Fille de Gertrude Guïnsbourg et du sénateur socialiste, Louis de Brouckère, célèbre politicien socialiste du xixe siècle, principal porte-parole de la gauche du POB et représentant la Belgique à de nombreuses conférences internationales.

En opposition avec la norme de l’époque, son père encourage ouvertement l’éducation des filles et soutient l’envie de cette jeune intellectuelle d’intégrer l’université. Devenue docteure en chimie en 1927, Lucia De Brouckère gravit progressivement les échelons académiques et scientifiques tout en contribuant largement à la modernisation pédagogique de la faculté.

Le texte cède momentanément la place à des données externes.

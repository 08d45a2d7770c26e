-- ===== src/Client/Transport/Seastar.antt =====
-- SeastarIO as a transport.
use distributed_logger.Base.{
  ℕ, ◌+◌, ◌≤◌, ◌<◌, ◌≡◌, refl, ap, inl, inr, Bool, true, false, ◌||◌, not, Option, none, some, List,
  [], ◌∷◌, ◌++◌, arith, Bool-cases, length, mod64, add64,
}
use distributed_logger.Client.SeastarBuffer.{
  SeastarBuffer, IsValid, get_capacity, get_read_offset, get_buffer,
}
use distributed_logger.Client.SeastarBuffer.Contract.{seastar_buffer}
use distributed_logger.Client.PosixIo.State.{Run, done, ◌>>=◌, or_fault}
use distributed_logger.Client.PosixIo.Pending.{Ends}
use distributed_logger.Client.SeastarIo.{
  SeastarIo, set_queue_max_size, send, transmit, is_full, with_length, connection_graceful_shutdown,
}
use distributed_logger.Client.SeastarIo.Connected.{transmit-SameStand}
use distributed_logger.Client.Transport.{Counters, Iio, Sends}

abbrev pub counters : SeastarIo → Counters
counters io = record {
  limit = io.queue_max_size;
  queue_size = io.queue_size;
  posted = io.log_posted_cnt;
  dropped = io.log_dropped_cnt;
  sent = io.log_sent_cnt;
}

pub limit_set :
    (n : ℕ) (io : SeastarIo) → Unit {0} × ((counters (set_queue_max_size n io)).limit ≡ n)
unfolding set_queue_max_size
limit_set n io = (tt, refl)

-- `send` always returns the null pointer.
abbrev pub send_buffer : List ℕ → SeastarBuffer → SeastarIo → Run (Option SeastarBuffer × SeastarIo)
send_buffer moved_from b io =
    or_fault (send (get_buffer moved_from b).0 io) >>= λ io'. done (none, io')

transmit-counters : (q : List (List ℕ)) (io : SeastarIo) → counters (transmit q io) ≡ counters io
unfolding transmit
transmit-counters [] io = refl
transmit-counters (b ∷ q) io = ground arith

-- It has a connection and is not shut down.
abbrev pub is_ready : SeastarIo → Bool
is_ready io = not (io.shutting_down || not io.connected)

module _ (buf : List ℕ) (io : SeastarIo) (h : 4 ≤ length buf)
    (small : io.queue_size + length buf < mod64) where
  -- The state behind the log.
  abbrev Sent : SeastarIo → Type 0
  Sent io' =
      (send buf io ≡ some io')
      × (is_ready io' ≡ is_ready io)
      × Sends (is_ready io) (length buf) (counters io) (counters io')

  abbrev pushed : SeastarIo
  pushed = record io {
    log_posted_cnt = add64 io.log_posted_cnt 1;
    queue_size = add64 io.queue_size (length buf);
    wqueue = io.wqueue ++ (with_length buf ∷ []);
  }

  posted :
      (io' : SeastarIo)
      → is_full buf io ≡ false
      → send buf io ≡ some io'
      → counters io' ≡ counters pushed
      → is_ready io' ≡ is_ready io
      → Sent io'
  posted io' room e same still = (
    e,
    still,
    (
      ap (λ (c : Counters). c.limit) same,
      inr (
          inl (
            ground (arith, room),
            ap (λ (c : Counters). c.posted) same,
            ap (λ (c : Counters). c.dropped) same,
            omega (arith, ap (λ (c : Counters). c.queue_size) same, small),
          )),
    ),
  )

  block_sent : (io' : SeastarIo) × Sent io'
  unfolding send
  block_sent = elim (Bool-cases (is_full buf io)) [
    | inl full ↦ (
      record io { log_dropped_cnt = add64 io.log_dropped_cnt 1 },
      (
        rw full refl,
        refl,
        (refl, inl (ground (arith, full), ground (arith, full, small), refl, refl, refl)),
      ),
    )
    | inr room ↦ elim (Bool-cases (io.shutting_down || not io.connected)) [
      | inl down ↦
          (io, (rw (room, down) refl, refl, (refl, inr (inr (ap not down, refl, refl, refl)))))
      | inr up ↦ elim (Bool-cases io.transmitting) [
        | inl busy ↦ (pushed, posted pushed room (ground (arith, room, up, busy, h)) refl refl)
        | inr idle ↦ (
          transmit pushed.wqueue pushed,
          posted (transmit pushed.wqueue pushed) room (ground (arith, room, up, idle, h))
              (transmit-counters pushed.wqueue pushed)
              (simp
                (
                  (transmit-SameStand pushed.wqueue pushed).connected,
                  (transmit-SameStand pushed.wqueue pushed).shutting_down,
                )
                refl),
        )
      ]
    ]
  ]

module _ (temporary_buffer : ℕ → List ℕ) (allocated : (n : ℕ) → length (temporary_buffer n) ≡ n)
    (moved_from : List ℕ) where
  pub seastar_send :
      (a : Unit {0}) (b : SeastarBuffer) (io : SeastarIo)
      → Unit {0}
      → IsValid b
      → get_read_offset b ≡ 0
      → 4 ≤ get_capacity b
      → get_capacity b < 2147483648
      → io.queue_size + get_capacity b < mod64
      → Unit {0}
      → Ends true
          (λ r.
            Unit {0}
            × (true ≡ true)
            × (is_ready r.1 ≡ is_ready io)
            × Sends (is_ready io) (get_capacity b) (counters io) (counters r.1))
          (send_buffer moved_from b io)
  unfolding get_capacity get_buffer
  seastar_send a b io g v unread room small fits ok =
      let (io', (e, y, s)) = block_sent b.buffer io room fits in rw e (tt, refl, y, s)

  abbrev pub seastar_io : Iio (seastar_buffer temporary_buffer allocated)
  seastar_io = record {
    State = SeastarIo;
    Answer = Unit {0};
    send = λ a. send_buffer moved_from;
    set_queue_max_size = set_queue_max_size;
    counters = counters;
    connection_graceful_shutdown = connection_graceful_shutdown;
    IsGood = λ io. Unit {0};
    plain = λ io. true;
    ready = is_ready;
    IsAllowed = λ n a. Unit {0};
    limit_set = λ n io g. limit_set n io;
    send_lem = seastar_send;
  }
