-- ===== src/Server/Decoder.antt =====
-- server/decoder/decoder.go. A byte slice is a list; a slice expression out of range panics.
pub mod Bounds
use distributed_logger.Base.{
  ℕ, ◌+◌, List, length, take, drop, ltb, leb, if◌then◌else◌, from_be, ◌-◌,
}

pub data Error : Type 0 where
  short_uint16 short_uint64 no_length short_string : Error

-- Go's results where the error is nil, the error, or the panic of the goroutine.
pub data Outcome {ℓ} (A : Type ℓ) : Type ℓ where
  ok : A → Outcome A
  err : Error → Outcome A
  panic : Outcome A

infixl 5 ◌>>=◌
abbrev pub ◌>>=◌ {ℓ κ} : {A : Type ℓ} {B : Type κ} → Outcome A → (A → Outcome B) → Outcome B
ok a >>= f = f a
err e >>= f = err e
panic >>= f = panic

-- `packet[n:]`
unfoldable pub slice_from : ℕ → List ℕ → Outcome (List ℕ)
slice_from n packet = if leb n (length packet) then ok (drop n packet) else panic

-- `packet[lo:hi]`
unfoldable pub slice : ℕ → ℕ → List ℕ → Outcome (List ℕ)
slice lo hi packet =
    if leb lo hi
    then (if leb hi (length packet) then ok (take (hi - lo) (drop lo packet)) else panic)
    else panic

-- `DecodeUint16`; `binary.Read` of two bytes does not fail.
unfoldable pub decode_uint16 : List ℕ → Outcome (ℕ × ℕ)
unfolding slice
decode_uint16 packet =
    if ltb (length packet) 2
    then err short_uint16
    else do bytes ← slice 0 2 packet; ok (from_be bytes, 2)

-- `DecodeUint64`
unfoldable pub decode_uint64 : List ℕ → Outcome (ℕ × ℕ)
unfolding slice
decode_uint64 packet =
    if ltb (length packet) 8
    then err short_uint64
    else do bytes ← slice 0 8 packet; ok (from_be bytes, 8)

-- An error of the length is replaced by another error.
abbrev pub or_no_length {ℓ} : {A : Type ℓ} → Outcome A → Outcome A
or_no_length (ok a) = ok a
or_no_length (err e) = err no_length
or_no_length panic = panic

-- `DecodeString`
unfoldable pub decode_string : List ℕ → Outcome (List ℕ × ℕ)
unfolding decode_uint16 slice_from slice
decode_string packet = do
  tail ← slice_from 0 packet
  (string_length, decoded) ← or_no_length (decode_uint16 tail)
  if ltb (length packet) (decoded + string_length) then err short_string else do
    value ← slice decoded (decoded + string_length) packet
    ok (value, decoded + string_length)
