-- ===== src/Server/EventDecoder.antt =====
-- The functions `Decode_*` that `GoCodeGen.generate_code` of tools/code_gen.py writes for the server.
pub mod RoundTrip
use distributed_logger.Base.{ℕ, ◌+◌, List, [], ◌∷◌}
use distributed_logger.Server.Decoder.{
  Outcome, ok, err, panic, ◌>>=◌, slice_from, decode_uint64, decode_string,
}

-- The type of a parameter. For any other name than these two the generator writes a decoder that does not
-- compile, so that no server has one.
pub data ParamType : Type 0 where
  uint64 string : ParamType

pub data Field : Type 0 where
  number : ℕ → Field
  text : List ℕ → Field

-- A generated struct: the event and the fields behind it.
pub record Event : Type 0 where
  pub event : ℕ
  pub fields : List Field

unfoldable pub decode_field : ParamType → List ℕ → Outcome (Field × ℕ)
decode_field string packet = do (s, n) ← decode_string packet; ok (text s, n)
decode_field uint64 packet = do (v, n) ← decode_uint64 packet; ok (number v, n)

-- `x, decodedThisTime, err = decoder.Decode…(packet[decoded:])` for each parameter.
unfoldable pub decode_fields : List ParamType → ℕ → List ℕ → Outcome (List Field)
decode_fields [] decoded packet = ok []
decode_fields (t ∷ types) decoded packet = do
  tail ← slice_from decoded packet
  (v, n) ← decode_field t tail
  rest ← decode_fields types (decoded + n) packet
  ok (v ∷ rest)

-- `Decode_*`, for the event with the number `event` and the parameters behind it.
unfoldable pub decode_event : ℕ → List ParamType → List ℕ → Outcome Event
decode_event event types packet = do
  fields ← decode_fields types 0 packet
  ok (record { event = event; fields = fields })
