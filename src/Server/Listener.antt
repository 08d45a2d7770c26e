-- ===== src/Server/Listener.antt =====
-- `handleConnection` of server/listener/listener.go: it cuts the bytes of a connection into packets.
pub mod Bytes
pub mod Steps
pub mod Refine
pub mod Frames
use distributed_logger.Base.{
  ℕ, ◌+◌, ◌-◌, Bool, true, false, ◌&&◌, not, List, [], ◌∷◌, ◌++◌, ltb, ◌==◌, if◌then◌else◌, length,
  replicate, overwrite, from_be,
}

-- One answer of `conn.Read`: the bytes put into the slice, and whether there is an error beside them.
pub record Read : Type 0 where
  pub bytes : List ℕ
  pub failed : Bool

-- The variables of the loop.
pub record Conn : Type 0 where
  pub packet_length : ℕ
  pub already_read : ℕ
  pub header_buf : List ℕ
  pub read_buf : List ℕ

unfoldable pub initial : Conn
initial = record { packet_length = 0; already_read = 0; header_buf = replicate 4 0; read_buf = [] }

-- The end of a round: the variables, the packets handed to `ingester.Enqueue`, and whether the loop
-- goes on.
pub record Round : Type 0 where
  pub conn : Conn
  pub enqueued : List (List ℕ)
  pub goes_on : Bool

-- What a read of the header does to the variables, if it brought bytes.
unfoldable pub take_header : List ℕ → Conn → Conn
take_header bytes c =
    if 0 == length bytes
    then c
    else (let header_buf' = overwrite c.header_buf c.already_read bytes in
        let already_read' = c.already_read + length bytes in
        if already_read' == 4
        then record {
          packet_length = from_be header_buf';
          already_read = 0;
          header_buf = header_buf';
          read_buf = replicate (from_be header_buf') 0;
        }
        else record c { already_read = already_read'; header_buf = header_buf' })

-- What a read of the packet does, if it brought bytes. A short packet breaks the loop.
unfoldable pub take_body : List ℕ → Conn → Round
take_body bytes c =
    if 0 == length bytes
    then record { conn = c; enqueued = []; goes_on = true }
    else (let read_buf' = overwrite c.read_buf c.already_read bytes in
        let already_read' = c.already_read + length bytes in
        if already_read' == c.packet_length
        then (if ltb 12 (length read_buf')
            then record {
              conn = record c { packet_length = 0; already_read = 0; read_buf = read_buf' };
              enqueued = read_buf' ∷ [];
              goes_on = true;
            }
            else record {
              conn = record c { already_read = already_read'; read_buf = read_buf' };
              enqueued = [];
              goes_on = false;
            })
        else record {
          conn = record c { already_read = already_read'; read_buf = read_buf' };
          enqueued = [];
          goes_on = true;
        })

-- One round of the loop. A round that makes no read leaves all as it is.
unfoldable pub step : Read → Conn → Round
unfolding take_header take_body
step r c =
    if c.packet_length == 0
    then record { conn = take_header r.bytes c; enqueued = []; goes_on = not r.failed }
    else if ltb c.already_read c.packet_length
    then (let s = take_body r.bytes c in record s { goes_on = s.goes_on && not r.failed })
    else record { conn = c; enqueued = []; goes_on = true }

-- The loop over the answers of `conn.Read`, to its `break` or to the end of the answers.
unfoldable pub run : List Read → Conn → Round
run [] c = record { conn = c; enqueued = []; goes_on = true }
run (r ∷ rs) c =
    let s = step r c in
    elim s.goes_on [
      | true ↦ (let t = run rs s.conn in record t { enqueued = s.enqueued ++ t.enqueued })
      | false ↦ s
    ]

-- The bytes that the slice of the next `conn.Read` can take.
abbrev pub room : Conn → ℕ
room c = if c.packet_length == 0 then 4 - c.already_read else c.packet_length - c.already_read
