-- ===== src/Server/Listener/Bytes.antt =====
-- The framing protocol, a byte at a time: what a listener has to compute, however the bytes arrive.
use distributed_logger.Base.{
  ℕ, suc, ◌+◌, ◌≤◌, ◌≡◌, refl, sym, ap, ◌∙◌, List, [], ◌∷◌, ◌++◌, append-nil, append_assoc, arith,
  ltb, ◌==◌, if◌then◌else◌, length, length-append, from_be,
}

-- A header or a packet of which some bytes have arrived, or a connection that was given up.
pub data Protocol : Type 0 where
  header : List ℕ → Protocol
  body : ℕ → List ℕ → Protocol
  closed : Protocol

-- A header that has grown by a byte. A length of 0 asks for the next header.
abbrev pub check_header : List ℕ → Protocol
check_header got =
    if length got == 4
    then (if from_be got == 0 then header [] else body (from_be got) [])
    else header got

-- A packet that has grown by a byte, with the packets that are then complete.
abbrev pub check_body : ℕ → List ℕ → Protocol × List (List ℕ)
check_body n got =
    if length got == n
    then (if ltb 12 n then (header [], got ∷ []) else (closed, []))
    else (body n got, [])

unfoldable pub feed : ℕ → Protocol → Protocol × List (List ℕ)
feed b (header got) = (check_header (got ++ (b ∷ [])), [])
feed b (body n got) = check_body n (got ++ (b ∷ []))
feed b closed = (closed, [])

unfoldable pub feed_all : List ℕ → Protocol → Protocol × List (List ℕ)
feed_all [] p = (p, [])
feed_all (b ∷ bs) p =
    let (p', out) = feed b p in let (p'', more) = feed_all bs p' in (p'', out ++ more)

-- What more bytes make of a state and the packets so far.
abbrev pub feed_more : List ℕ → Protocol × List (List ℕ) → Protocol × List (List ℕ)
feed_more ys out = ((feed_all ys out.0).0, out.1 ++ (feed_all ys out.0).1)

pub feed_all-append :
    (xs ys : List ℕ) (p : Protocol) → feed_all (xs ++ ys) p ≡ feed_more ys (feed_all xs p)
unfolding feed_all
feed_all-append [] ys p = refl
feed_all-append (x ∷ xs) ys p = rw (feed_all-append xs ys (feed x p).0) (
    ap (λ out. ((feed_all ys (feed_all xs (feed x p).0).0).0, out))
      (sym (append_assoc (feed x p).1 _ _)))

-- A byte with which no packet is complete.
feed_all-cons :
    (b : ℕ) (bytes : List ℕ) (p p' : Protocol)
    → feed b p ≡ (p', [])
    → feed_all (b ∷ bytes) p ≡ feed_all bytes p'
unfolding feed_all
feed_all-cons b bytes p p' e = rw e

feed_all-one : (b : ℕ) (p : Protocol) → feed_all (b ∷ []) p ≡ feed b p
unfolding feed_all
feed_all-one b p = ap (λ out. ((feed b p).0, out)) (append-nil (feed b p).1)

-- Bytes that do not go past the header are collected.
pub feed_all-header :
    (b : ℕ) (bytes got : List ℕ)
    → length got + suc (length bytes) ≤ 4
    → feed_all (b ∷ bytes) (header got) ≡ (check_header (got ++ (b ∷ bytes)), [])
unfolding feed
feed_all-header b [] got h = feed_all-one b (header got)
feed_all-header b (c ∷ bytes) got h =
    let len = length-append got (b ∷ []) in
    let wait : check_header (got ++ (b ∷ [])) ≡ header (got ++ (b ∷ [])) = ground (arith, len) in
    feed_all-cons b (c ∷ bytes) (header got) (header (got ++ (b ∷ []))) (ap (λ p. (p, [])) wait)
    ∙ (feed_all-header c bytes (got ++ (b ∷ [])) (omega (arith, len))
        ∙ ap (λ g. (check_header g, [])) (append_assoc got (b ∷ []) (c ∷ bytes)))

-- Bytes that do not go past the packet are collected.
pub feed_all-body :
    (n b : ℕ) (bytes got : List ℕ)
    → length got + suc (length bytes) ≤ n
    → feed_all (b ∷ bytes) (body n got) ≡ check_body n (got ++ (b ∷ bytes))
unfolding feed
feed_all-body n b [] got h = feed_all-one b (body n got)
feed_all-body n b (c ∷ bytes) got h =
    let len = length-append got (b ∷ []) in
    let wait : check_body n (got ++ (b ∷ [])) ≡ (body n (got ++ (b ∷ [])), []) =
      ground (arith, len) in
    feed_all-cons b (c ∷ bytes) (body n got) (body n (got ++ (b ∷ []))) wait
    ∙ (feed_all-body n c bytes (got ++ (b ∷ [])) (omega (arith, len))
        ∙ ap (check_body n) (append_assoc got (b ∷ []) (c ∷ bytes)))

-- A connection that was given up stays so.
pub feed_all-closed : (bytes : List ℕ) → feed_all bytes closed ≡ (closed, [])
unfolding feed_all feed
feed_all-closed [] = refl
feed_all-closed (b ∷ bytes) = rw (feed_all-closed bytes)
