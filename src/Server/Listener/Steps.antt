-- ===== src/Server/Listener/Steps.antt =====
-- One round of `handleConnection` against the framing protocol.
use distributed_logger.Base.{
  ℕ, suc, ◌+◌, ◌≤◌, ◌<◌, ◌≡◌, sym, ◌∙◌, subst, ◌⊎◌, inl, inr, true, false, List, [], ◌∷◌, ◌++◌,
  arith, ltb, ◌==◌, if◌then◌else◌, ==_iff, Bool-cases, length, take, replicate, length-append,
  length-take, length-replicate, take_all, overwrite, length-overwrite, take-overwrite, from_be,
}
use distributed_logger.Server.Listener.{Read, Conn, Round, step, room}
use distributed_logger.Server.Listener.Bytes.{
  Protocol, header, body, closed, feed_all, check_header, feed_all-header, feed_all-body,
}

-- The bytes that have arrived of a header or of a packet.
abbrev pub view : Conn → Protocol
view c =
    if c.packet_length == 0
    then header (take c.already_read c.header_buf)
    else body c.packet_length (take c.already_read c.read_buf)

-- The buffer in use has the size of what it waits for, and is not full.
abbrev pub IsOpen : Conn → Type 0
IsOpen c =
    (length c.header_buf ≡ 4)
    × (((c.packet_length ≡ 0) × (c.already_read < 4))
        ⊎ ((0 < c.packet_length)
            × (length c.read_buf ≡ c.packet_length)
            × (c.already_read < c.packet_length)))

-- The state of the protocol after a round.
abbrev pub round_view : Round → Protocol
round_view s = if s.goes_on then view s.conn else closed

-- A round agrees with the protocol, and leaves an open connection as it has to be.
abbrev pub Agrees : Round → Protocol × List (List ℕ) → Type 0
Agrees s out = ((round_view s, s.enqueued) ≡ out) × ((s.goes_on ≡ true) → IsOpen s.conn)

abbrev pub got_bytes : List ℕ → Read
got_bytes bytes = record { bytes = bytes; failed = false }

-- The state behind a read of the header.
abbrev header_done : List ℕ → Conn → Conn
header_done buf c = record {
  packet_length = from_be buf;
  already_read = 0;
  header_buf = buf;
  read_buf = replicate (from_be buf) 0;
}

step-header_whole :
    (b : ℕ) (bytes : List ℕ) (c : Conn)
    → c.packet_length ≡ 0
    → c.already_read + suc (length bytes) ≡ 4
    → step (got_bytes (b ∷ bytes)) c ≡ record {
      conn = header_done (overwrite c.header_buf c.already_read (b ∷ bytes)) c;
      enqueued = [];
      goes_on = true;
    }
unfolding step
step-header_whole b bytes c z e = ground arith

step-header_part :
    (b : ℕ) (bytes : List ℕ) (c : Conn)
    → c.packet_length ≡ 0
    → c.already_read + suc (length bytes) < 4
    → step (got_bytes (b ∷ bytes)) c ≡ record {
      conn = record c {
        already_read = c.already_read + suc (length bytes);
        header_buf = overwrite c.header_buf c.already_read (b ∷ bytes);
      };
      enqueued = [];
      goes_on = true;
    }
unfolding step
step-header_part b bytes c z e = ground arith

header_done-Agrees :
    (buf got : List ℕ) (c : Conn)
    → length buf ≡ 4
    → got ≡ buf
    → Agrees
        (record { conn = header_done buf c; enqueued = []; goes_on = true })
        (check_header got, [])
header_done-Agrees buf got c h e = rw e (ground (arith, length-replicate {A = ℕ} (from_be buf) 0))

step-header :
    (bytes : List ℕ) (c : Conn)
    → length c.header_buf ≡ 4
    → c.packet_length ≡ 0
    → c.already_read < 4
    → c.already_read + length bytes ≤ 4
    → Agrees (step (got_bytes bytes) c) (feed_all bytes (header (take c.already_read c.header_buf)))
step-header [] c h z less fits = unfold feed_all step in ground arith
step-header (b ∷ bytes) c h z less fits =
    rw (feed_all-header b bytes (take c.already_read c.header_buf) (omega (arith, len)))
      (elim (Bool-cases (c.already_read + suc (length bytes) == 4)) [
        | inl four ↦
            let e : c.already_read + suc (length bytes) ≡ 4 = (==_iff _ _).0 four in
            rw (step-header_whole b bytes c z e) (header_done-Agrees header_buf' _ c len' (whole e))
        | inr more ↦
            let e : c.already_read + suc (length bytes) < 4 = ground (arith, fits) in
            rw (step-header_part b bytes c z e) (ground (arith, grown, len_grown, len'))
      ])
  where
    all : List ℕ
    all = b ∷ bytes

    header_buf' : List ℕ
    header_buf' = overwrite c.header_buf c.already_read all

    len : length (take c.already_read c.header_buf) ≡ c.already_read
    len = omega (arith, length-take c.already_read c.header_buf)

    grown : take (c.already_read + length all) header_buf' ≡ take c.already_read c.header_buf ++ all
    grown = take-overwrite c.header_buf c.already_read all (omega (arith, h))

    len_grown : length (take c.already_read c.header_buf ++ all) ≡ c.already_read + length all
    len_grown = omega (arith, len, length-append (take c.already_read c.header_buf) all)

    len' : length header_buf' ≡ 4
    len' = omega (arith, h, length-overwrite c.header_buf c.already_read all (omega (arith, h)))

    whole : c.already_read + length all ≡ 4 → take c.already_read c.header_buf ++ all ≡ header_buf'
    whole e = sym grown ∙ take_all (c.already_read + length all) header_buf' (omega (arith, len'))

step-body_whole :
    (b : ℕ) (bytes : List ℕ) (c : Conn)
    → 0 < c.packet_length
    → length (overwrite c.read_buf c.already_read (b ∷ bytes)) ≡ c.packet_length
    → c.already_read + suc (length bytes) ≡ c.packet_length
    → let buf = overwrite c.read_buf c.already_read (b ∷ bytes) in
      step (got_bytes (b ∷ bytes)) c ≡ (
        if ltb 12 c.packet_length
        then record {
          conn = record c { packet_length = 0; already_read = 0; read_buf = buf };
          enqueued = buf ∷ [];
          goes_on = true;
        }
        else record {
          conn = record c { already_read = c.packet_length; read_buf = buf };
          enqueued = [];
          goes_on = false;
        })
unfolding step
step-body_whole b bytes c z h e = rw h (ground arith)

step-body_part :
    (b : ℕ) (bytes : List ℕ) (c : Conn)
    → c.already_read + suc (length bytes) < c.packet_length
    → step (got_bytes (b ∷ bytes)) c ≡ record {
      conn = record c {
        already_read = c.already_read + suc (length bytes);
        read_buf = overwrite c.read_buf c.already_read (b ∷ bytes);
      };
      enqueued = [];
      goes_on = true;
    }
unfolding step
step-body_part b bytes c e = ground arith

step-body :
    (bytes : List ℕ) (c : Conn)
    → length c.header_buf ≡ 4
    → 0 < c.packet_length
    → length c.read_buf ≡ c.packet_length
    → c.already_read < c.packet_length
    → c.already_read + length bytes ≤ c.packet_length
    → Agrees
        (step (got_bytes bytes) c)
        (feed_all bytes (body c.packet_length (take c.already_read c.read_buf)))
step-body [] c h z h' less fits = unfold feed_all step in ground arith
step-body (b ∷ bytes) c h z h' less fits =
    rw (feed_all-body c.packet_length b bytes (take c.already_read c.read_buf) (omega (arith, len)))
      (elim (Bool-cases (c.already_read + suc (length bytes) == c.packet_length)) [
        | inl full ↦
            let e : c.already_read + suc (length bytes) ≡ c.packet_length = (==_iff _ _).0 full in
            rw (step-body_whole b bytes c z len' e) (ground (arith, whole e, len_grown))
        | inr more ↦
            let e : c.already_read + suc (length bytes) < c.packet_length = ground (arith, fits) in
            rw (step-body_part b bytes c e) (ground (arith, grown, len_grown, len'))
      ])
  where
    all : List ℕ
    all = b ∷ bytes

    read_buf' : List ℕ
    read_buf' = overwrite c.read_buf c.already_read all

    len : length (take c.already_read c.read_buf) ≡ c.already_read
    len = omega (arith, length-take c.already_read c.read_buf)

    grown : take (c.already_read + length all) read_buf' ≡ take c.already_read c.read_buf ++ all
    grown = take-overwrite c.read_buf c.already_read all (omega (arith, h'))

    len_grown : length (take c.already_read c.read_buf ++ all) ≡ c.already_read + length all
    len_grown = omega (arith, len, length-append (take c.already_read c.read_buf) all)

    len' : length read_buf' ≡ c.packet_length
    len' = omega (arith, h', length-overwrite c.read_buf c.already_read all (omega (arith, h')))

    whole :
        c.already_read + length all ≡ c.packet_length
        → take c.already_read c.read_buf ++ all ≡ read_buf'
    whole e = sym grown ∙ take_all (c.already_read + length all) read_buf' (omega (arith, len'))

-- Whatever bytes a read brings, as many as its slice holds at most, a round of the loop hands on the
-- packets that the framing protocol completes with them, and waits for what the protocol waits for; it
-- ends the connection where the protocol gives it up, and is else ready for the next read.
pub step_refines :
    (bytes : List ℕ) (c : Conn)
    → IsOpen c
    → length bytes ≤ room c
    → Agrees (step (record { bytes = bytes; failed = false }) c) (feed_all bytes (view c))
step_refines bytes c (h, inl (z, less)) fits =
    let v : view c ≡ header (take c.already_read c.header_buf) = ground arith in
    subst (λ p. Agrees (step (got_bytes bytes) c) (feed_all bytes p)) (sym v)
      (step-header bytes c h z less (ground (arith, fits)))
step_refines bytes c (h, inr (z, h', less)) fits =
    let v : view c ≡ body c.packet_length (take c.already_read c.read_buf) = ground arith in
    subst (λ p. Agrees (step (got_bytes bytes) c) (feed_all bytes p)) (sym v)
      (step-body bytes c h z h' less (ground (arith, fits)))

À trente ans, pendant la période troublée des années 30’, elle préside le Comité mondial des Femmes contre la guerre et le fascisme. En 1936, elle soutient activement le camp des républicains d’Espagne. Lors de la Seconde Guerre mondiale, contrainte à l’exil, c'est à partir de Londres qu'elle participe à l’effort de guerre en effectuant des recherches stratégiques, ainsi qu’en dirigeant la section des industries chimiques du ministère des Affaires économiques du gouvernement belge.

Pendant toute la guerre 1914-18, elle poursuit ses études primaires et secondaires en Angleterre.

A cette époque, les femmes n'ont que des fonctions subalternes.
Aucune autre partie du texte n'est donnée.